Al regresar prefiero traer lo más lejano,
aquello que llegando ilumina los sueños,
y descubro que soy de otro tiempo la sombra.
Fueron días pausados y dichosos
porque nada en el cielo es pasajero,
y yo miraba entonces el techo de los campos,
los turnos de la luna que ahora traigo aquí,
tratando de hacer luz en diferente espacio
con las cosas que son de tan dulce memoria.
Hoy vuelvo a los lugares y evoco las palabras,
el sentir jubiloso y la hermosura.
La vida que ya fue dará lustre a los restos,
disfrazados de ayer, simuladores,
sin querer aceptar las cuentas adelante
e ignorando qué hacer con la viviente sombra
que apuesta su razón a este poema,
a la ciudad que habita, a unos pocos amigos,
y al amparo sereno de quien con ella vive.
Porque todo es distinto, y ya distante
el vigor de los cuerpos con su brío,
y esa luna feliz que nos amaba.
En el declive somos la sospecha
para aquellos que son un sueño y se resisten
a ver en nuestra sombra la futura evidencia.
(Con J.M. Bandrés)
Era invierno y la lluvia sonaba en los cristales.
Pausado era el comienzo en aquel pueblo.
Grande la casa y húmeda, constante en su bullir.
Él llegó un mediodía, sosegando a su paso
el viento de la plaza.
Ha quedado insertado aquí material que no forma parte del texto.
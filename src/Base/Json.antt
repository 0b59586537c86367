-- ===== src/Base/Json.antt =====
-- The values that JSON texts and the program's untyped records hold, and `JSON.stringify`.
-- Numbers are whole, or NaN; an object lists its fields in insertion order.
use micro_agent_protocol.Base.Tests.{Bool-cases, ltb, ◌==◌, if◌then◌else◌}
use micro_agent_protocol.Base.Text.{str_eq, codes}
use Prim.Native.Nat.{ℕ, zero, suc, ◌+◌, ◌/◌, ◌%◌, ◌<◌, ◌≤◌}
use Prim.Native.String.{String}
use mathlib.Core.Path.{◌≡◌, refl}
use mathlib.Core.Logic.{◌↔◌, inl, inr}
use native.Mathlib.Omega.{arith}
use mathlib.Core.Bool.{Bool, true, false, ◌&&◌}
use mathlib.Core.List.{List, [], ◌∷◌, ◌++◌}

-- `negsuc n` is -(n + 1).
pub data ℤ : Type 0 where
  pos : ℕ → ℤ
  negsuc : ℕ → ℤ

pub data Number : Type 0 where
  nan : Number
  int : ℤ → Number

mutual
  pub data Value : Type 0 where
    undefined null : Value
    boolean : Bool → Value
    number : Number → Value
    text : String → Value
    array : Items → Value
    object : Fields → Value

  pub data Items : Type 0 where
    nil : Items
    cons : Value → Items → Items

  pub data Fields : Type 0 where
    end : Fields
    field : String → Value → Fields → Fields

-- An object literal.
abbrev pub fields_of : List (String × Value) → Fields
fields_of [] = end
fields_of ((k, v) ∷ kvs) = field k v (fields_of kvs)

abbrev pub object_of : List (String × Value) → Value
object_of kvs = object (fields_of kvs)

-- `a === b` and `a < b` on whole numbers.
abbrev pub int_eq : ℤ → ℤ → Bool
int_eq (pos a) (pos b) = a == b
int_eq (negsuc a) (negsuc b) = a == b
int_eq _ _ = false

abbrev pub int_lt : ℤ → ℤ → Bool
int_lt (pos a) (pos b) = ltb a b
int_lt (pos a) (negsuc b) = false
int_lt (negsuc a) (pos b) = true
int_lt (negsuc a) (negsuc b) = ltb b a

-- `o[key]` on the fields of an object.
unfoldable pub lookup : String → Fields → Value
lookup k end = Value.undefined
lookup k (field j v fs) = if str_eq j k then v else lookup k fs

unfoldable pub get_item : ℕ → Items → Value
get_item n nil = Value.undefined
get_item zero (cons v vs) = v
get_item (suc n) (cons v vs) = get_item n vs

unfoldable pub count_items : Items → ℕ
count_items nil = 0
count_items (cons v vs) = suc (count_items vs)

-- Decimal digits; a number below the fuel has no more digits than that.
digits : ℕ → ℕ → List ℕ → List ℕ
digits zero n out = out
digits (suc f) n out =
    let rest = digits f (n / 10) ((n % 10 + 48) ∷ out) in if ltb n 10 then (n + 48) ∷ out else rest

-- Any fuel above the number gives the same digits.
digits_fuel : (f g n : ℕ) (out : List ℕ) → n < f → n < g → digits f n out ≡ digits g n out
unfolding digits
digits_fuel zero g n out a b = absurd (omega arith)
digits_fuel (suc f) zero n out a b = absurd (omega arith)
digits_fuel (suc f) (suc g) n out a b = elim (Bool-cases (ltb n 10)) [
  | inl small ↦ rw small refl
  | inr large ↦
      let tens : 10 ≤ n = ground arith in
      rw large (digits_fuel f g (n / 10) ((n % 10 + 48) ∷ out) (omega arith) (omega arith))
]

show_nat : ℕ → List ℕ
unfolding digits
show_nat n = digits (suc n) n []

show_int : ℤ → List ℕ
unfolding show_nat
show_int (pos n) = show_nat n
show_int (negsuc n) = b'-' ∷ show_nat (n + 1)

hex_digit : ℕ → ℕ
hex_digit d = if ltb d 10 then d + 48 else d + 87

escape : ℕ → List ℕ
unfolding hex_digit
escape c =
    if c == b'"'
    then b'\\' ∷ b'"' ∷ []
    else if c == b'\\'
    then b'\\' ∷ b'\\' ∷ []
    else if c == 8
    then b'\\' ∷ b'b' ∷ []
    else if c == 9
    then b'\\' ∷ b't' ∷ []
    else if c == 10
    then b'\\' ∷ b'n' ∷ []
    else if c == 12
    then b'\\' ∷ b'f' ∷ []
    else if c == 13
    then b'\\' ∷ b'r' ∷ []
    else if ltb c 32
    then b'\\' ∷ b'u' ∷ b'0' ∷ b'0' ∷ hex_digit (c / 16) ∷ hex_digit (c % 16) ∷ []
    else c ∷ []

escape_all : List ℕ → List ℕ
unfolding escape
escape_all [] = []
escape_all (c ∷ cs) = escape c ++ escape_all cs

unfoldable pub quote : String → List ℕ
unfolding escape_all
quote s = b'"' ∷ (escape_all (codes s) ++ b'"' ∷ [])

is_undefined : Value → Bool
is_undefined undefined = true
is_undefined _ = false

-- A separator stands before every part but the first.
separator : Bool → List ℕ
separator true = []
separator false = b',' ∷ []

-- A field that is undefined is left out, an item that is undefined reads null.
unfoldable mutual
  unfolding show_int quote is_undefined separator

  pub stringify : Value → List ℕ
  stringify undefined = codes "null"
  stringify null = codes "null"
  stringify (boolean true) = codes "true"
  stringify (boolean false) = codes "false"
  stringify (number nan) = codes "null"
  stringify (number (int n)) = show_int n
  stringify (text s) = quote s
  stringify (array xs) = b'[' ∷ (stringify_items true xs ++ b']' ∷ [])
  stringify (object fs) = b'{' ∷ (stringify_fields true fs ++ b'}' ∷ [])

  stringify_items : Bool → Items → List ℕ
  stringify_items first nil = []
  stringify_items first (cons v vs) = separator first ++ (stringify v ++ stringify_items false vs)

  stringify_fields : Bool → Fields → List ℕ
  stringify_fields first end = []
  stringify_fields first (field k v fs) =
      let skipped = stringify_fields first fs in
      let kept =
        separator first ++ (quote k ++ b':' ∷ (stringify v ++ stringify_fields false fs)) in
      if is_undefined v then skipped else kept

-- `JSON.stringify(a) === JSON.stringify(b)`.
list_eq : List ℕ → List ℕ → Bool
list_eq [] [] = true
list_eq (x ∷ xs) (y ∷ ys) = x == y && list_eq xs ys
list_eq _ _ = false

unfoldable pub same_json : Value → Value → Bool
unfolding list_eq stringify
same_json a b = list_eq (stringify a) (stringify b)

list_eq_refl : (xs : List ℕ) → list_eq xs xs ≡ true
unfolding list_eq
list_eq_refl [] = refl
list_eq_refl (x ∷ xs) = ground (arith, list_eq_refl xs)

list_eq→eq : (xs ys : List ℕ) → list_eq xs ys ≡ true → xs ≡ ys
unfolding list_eq
list_eq→eq [] [] h = refl
list_eq→eq [] (y ∷ ys) h = cc
list_eq→eq (x ∷ xs) [] h = cc
list_eq→eq (x ∷ xs) (y ∷ ys) h = ground (arith, list_eq→eq xs ys)

pub same_json_refl : (v : Value) → same_json v v ≡ true
unfolding same_json
same_json_refl v = list_eq_refl (stringify v)

-- The test holds for values with one text.
pub same_json_iff : (a b : Value) → (same_json a b ≡ true) ↔ (stringify a ≡ stringify b)
unfolding same_json
same_json_iff a b = (list_eq→eq (stringify a) (stringify b), λ e. rw e (list_eq_refl (stringify b)))

stringify_example :
    stringify (
      object (
        field "a"
          (array (cons (number (int (pos 120))) (cons undefined nil)))
          (field "b" undefined (field "c" (text "x\"y") end))))
    ≡ codes "{\"a\":[120,null],\"c\":\"x\\\"y\"}"
unfolding stringify
stringify_example = refl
Se oía la pregunta:
¿es ése el desterrado?
Aquel lugar sin rastro a los tres nos unía,
y vivimos la dicha de plenas madrugadas.
Cerca y lejos los ásperos parrales;
el firmamento oscuro sobre nuestras cabezas
en nocturnos paseos.
Extinguidos aquellos movimientos
que fueron con nosotros, porque ya no es posible.
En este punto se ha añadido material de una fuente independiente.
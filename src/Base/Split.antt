-- ===== src/Base/Split.antt =====
-- The parts of a text between its dots.
use Prim.Native.Char.{code}
use Prim.Native.String.{String, ◌++◌}
use Prim.Native.String.append
use mathlib.Core.Path.{◌≡◌, refl}
use mathlib.Core.List.{List, [], ◌∷◌}
use mathlib.Core.Bool.{Bool, true, not, ◌&&◌}
use native.Mathlib.Omega.{arith}
use micro_agent_protocol.Base.Tests.{◌==◌, if◌then◌else◌}

-- `s.split(".")`.
unfoldable pub split_dots : String → List String
split_dots String.[] = "" ∷ []
split_dots (String.◌∷◌ c s) = elim (split_dots s) [
  | [] ↦ []
  | p ∷ ps ↦ if code c == 46 then "" ∷ p ∷ ps else String.◌∷◌ c p ∷ ps
]

abbrev pub has_no_dot : String → Bool
has_no_dot String.[] = true
has_no_dot (String.◌∷◌ c s) = not (code c == 46) && has_no_dot s

abbrev pub IsParts : List String → Type 0
IsParts [] = ⊥
IsParts (p ∷ ps) = Unit {0}

split_dots-IsParts : (s : String) → IsParts (split_dots s)
unfolding split_dots
split_dots-IsParts String.[] = tt
split_dots-IsParts (String.◌∷◌ c s) = ground (arith, split_dots-IsParts s)

-- A text without dots, a dot and a rest: the text comes first.
pub split_dots-cons :
    (a b : String) → has_no_dot a ≡ true → split_dots (a ++ ("." ++ b)) ≡ a ∷ split_dots b
unfolding split_dots
split_dots-cons String.[] b h =
    rw (append.nil, append.cons) (rw (append.nil b) (ground (arith, split_dots-IsParts b)))
split_dots-cons (String.◌∷◌ c a) b h =
    rw (append.cons c a ("." ++ b)) (ground (arith, split_dots-cons a b))

pub split_dots_none : (a : String) → has_no_dot a ≡ true → split_dots a ≡ a ∷ []
unfolding split_dots
split_dots_none String.[] h = refl
split_dots_none (String.◌∷◌ c a) h = ground (arith, split_dots_none a)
El tiempo ha destruido la voz que los sostuvo:
somos ahora tres los desterrados.
AL MENOS, LAS PALABRAS
Con sus flores primeras el patio recogía,
y ella quiso entregarle una rosa granate.
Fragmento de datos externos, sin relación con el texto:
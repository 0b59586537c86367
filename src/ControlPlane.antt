-- ===== src/ControlPlane.antt =====
-- The parts of the control plane (src/control-plane).
pub mod TaskGuards
pub mod TaskStore
pub mod ReceiptStore
pub mod AsyncQueue
pub mod Delegation
pub mod Agents
pub mod Registry
pub mod Orchestrator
Primero fue el silencio, las tímidas palabras,
el decir que las lilas habían florecido,
y efímeras se fueron a finales de abril.
Sentadas admiraron el familiar entorno
(elocuente esplendor que en lo pequeño anida).
Sin propiciarlo apenas, vinieron los recuerdos;
el dramático asedio de una guerra imborrable,
las marcas de la vida como dardos impuros.
Nadie sufría más que la mujer bendita,
quien la flor entregara con singular dulzura,
a pesar de saber de otro acero más duro
capaz de profanar el pecho dolorido.
Sólo llanto en sus ojos empañados y solos.
En el patio acaecen las luces de la tarde.
Dos mujeres se abrazan en la paz del silencio,
y se adivina el gesto de ese bien anhelado,
que ha sabido ser pródigo por su misma grandeza.